AMGA Supports Newly Introduced Legislation on Eliminating Cost-Sharing Requirements for Chronic Care Management Services

June 26, 2019
On Tuesday, the American Medical Group Association expressed public support for the introduction of legislation in the House of Representatives intended to end cost-sharing requirements for chronic care management services

In a press release published on June 25, the Alexandria, Va.-based American Medical Group Association (AMGA), which represents more than 175,000 U.S. physicians, through their medical group organizations, expressed support for legislation introduced on Tuesday that would eliminate co-pay requirements for Medicare patients receiving chronic care management services.

“AMGA encourages Congress to swiftly pass legislation introduced yesterday to eliminate beneficiary cost-sharing requirements for chronic care management (CCM) services,” the press release began. “AMGA applauds the work of Rep. Suzan DelBene (D-WA), who drafted the legislation to improve a tool which our members can use to support the care management services that are a key aspect of treating chronic illnesses.”

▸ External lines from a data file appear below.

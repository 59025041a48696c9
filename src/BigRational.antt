-- ===== src/BigRational.antt =====
-- src/bigrational/bigrational.cppm: BigRational, exact fractions of BigInt in lowest terms.
-- `none` is a failed assertion of divide_checked, which the theorems exclude.
pub mod Exact
pub mod Reduced
pub mod Field
pub mod Power
pub mod Compare
use nimble_cas.Prelude.{
  ℕ, ◌+◌, ◌-◌, ◌%◌, ◌^◌, Ordering, Bool, true, false, ◌&&◌, if◌then◌else◌, Option, some, none, ◌==◌,
}
use nimble_cas.Prelude.Int.{ℤ, pos, negsuc}
use nimble_cas.Core.{MathError, division_by_zero, Result, ok, err}
use nimble_cas.Magnitude.{u64}
use nimble_cas.BigInt.{
  BigInt, from_u64, from_i64, is_zero as int_is_zero, negate as int_negate, cmp as int_cmp,
  eq as int_eq, add as int_add, subtract as int_subtract, multiply as int_multiply,
  divide as int_divide, pow as int_pow, gcd, to_u64, is_less_zero,
}

pub record BigRational : Type 0 where
  pub num : BigInt
  pub den : BigInt

-- A division whose result the source asserts.
unfoldable pub divide_checked : BigInt → BigInt → Option BigInt
divide_checked a b = elim (int_divide a b) [ ok q ↦ some q | err e ↦ none ]

unfoldable pub from_bigint : BigInt → BigRational
from_bigint n = record { num = n; den = from_u64 1 }

unfoldable pub from_int : ℤ → BigRational
from_int v = from_bigint (from_i64 v)

-- Lines 1 to 4 of normalise: the sign is moved onto the numerator.
abbrev pub sign_num : BigInt → BigInt → BigInt
sign_num num den = if den.negative then int_negate num else num

abbrev pub sign_den : BigInt → BigInt
sign_den den = if den.negative then int_negate den else den

unfoldable pub normalise : BigInt → BigInt → Option BigRational
normalise num den =
    let g = gcd (sign_num num den) (sign_den den) in
    elim (divide_checked (sign_num num den) g) [
      | none ↦ none
      | some n ↦ elim (divide_checked (sign_den den) g) [
        | none ↦ none
        | some d ↦ some (record { num = n; den = d })
      ]
    ]

-- A value as a Result.
abbrev pub returned : Option BigRational → Option (Result BigRational)
returned (some r) = some (ok r)
returned none = none

unfoldable pub make : BigInt → BigInt → Option (Result BigRational)
make num den = if int_is_zero den then some (err division_by_zero) else returned (normalise num den)

unfoldable pub is_zero : BigRational → Bool
is_zero a = int_is_zero a.num

unfoldable pub is_integer : BigRational → Bool
is_integer a = int_eq a.den (from_u64 1)

unfoldable pub add : BigRational → BigRational → Option BigRational
add a o =
    normalise (int_add (int_multiply a.num o.den) (int_multiply o.num a.den))
      (int_multiply a.den o.den)

unfoldable pub subtract : BigRational → BigRational → Option BigRational
subtract a o =
    normalise (int_subtract (int_multiply a.num o.den) (int_multiply o.num a.den))
      (int_multiply a.den o.den)

unfoldable pub multiply : BigRational → BigRational → Option BigRational
multiply a o = normalise (int_multiply a.num o.num) (int_multiply a.den o.den)

unfoldable pub negate : BigRational → BigRational
negate a = record { num = int_negate a.num; den = a.den }

unfoldable pub divide : BigRational → BigRational → Option (Result BigRational)
divide a o =
    if is_zero o
    then some (err division_by_zero)
    else returned (normalise (int_multiply a.num o.den) (int_multiply a.den o.num))

unfoldable pub reciprocal : BigRational → Option (Result BigRational)
reciprocal a = if is_zero a then some (err division_by_zero) else returned (normalise a.den a.num)

abbrev pub is_zero_ℤ : ℤ → Bool
is_zero_ℤ (pos n) = n == 0
is_zero_ℤ (negsuc n) = false

-- |exp| of a `std::int64_t`, in the unsigned type.
abbrev pub exp_size : ℤ → ℕ
exp_size exp = if is_less_zero exp then u64 (0 + 2 ^ 64 - to_u64 exp) else to_u64 exp

unfoldable pub pow : BigRational → ℤ → Option (Result BigRational)
pow a exp =
    if is_zero_ℤ exp
    then some (ok (from_int (pos 1)))
    else if is_less_zero exp && is_zero a
    then some (err division_by_zero)
    else let np = int_pow a.num (exp_size exp) in
      let dp = int_pow a.den (exp_size exp) in
      if is_less_zero exp
      then returned (normalise dp np)
      else some (ok (record { num = np; den = dp }))

-- operator<=>
unfoldable pub cmp : BigRational → BigRational → Ordering
cmp a o = int_cmp (int_multiply a.num o.den) (int_multiply o.num a.den)

-- operator==
unfoldable pub eq : BigRational → BigRational → Bool
eq a o = int_eq a.num o.num && int_eq a.den o.den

The press release quoted AMGA president and CEO Jerry Penso, M.D., as saying that “Medicare beneficiaries with chronic diseases face so many challenges. While it may not seem like much, removing the cost-sharing requirements for these services will allow patients to focus on their treatments and care without worrying about their out-of-pocket expenses,” Dr. Penso said.

The press release noted that, “In 2015, the Centers for Medicare & Medicaid Services began paying for CCM under a separate code to reimburse providers for non-face-to-face care management in the Medicare Physician Fee Schedule. AMGA strongly supported the creation of the CCM code, which reimburses providers for services outside of an office visit to help individuals with two or more chronic conditions follow their medical care plan, practice preventive health care, and more effectively manage their health. The code covers services such as care management, medication management, and preventive health counseling, among others. AMGA members provided such care before the creation of the code, which was developed in recognition of the need to support the ability of providers to deliver such treatment.”

The press release went on to note that, “Creating a separately billable code, however, resulted in new beneficiary cost-sharing obligations, which contribute to low utilization of the code. For example, only about 648,000 Medicare beneficiaries received CCM services during the first two years of the code’s availability. AMGA has recommended that Congress eliminate the cost-sharing requirement to help fulfil the code’s potential and remove an unintended barrier to its use. AMGA appreciates that Rep. DelBene recognized the need for reform and strongly endorses her legislation. Congress should enact this legislation as quickly as possible.”

“AMGA would like to thank Rep. Suzan DelBene for her leadership on this issue,” Penso added in his statement. “Her efforts to further this legislation demonstrate a commitment not only to patients with chronic disease, but the providers who are working to deliver the best possible care to them.” The association had sent a letter to Rep. DelBene (D-Wash.) on Monday, thanking her for her sponsorship of the legislation.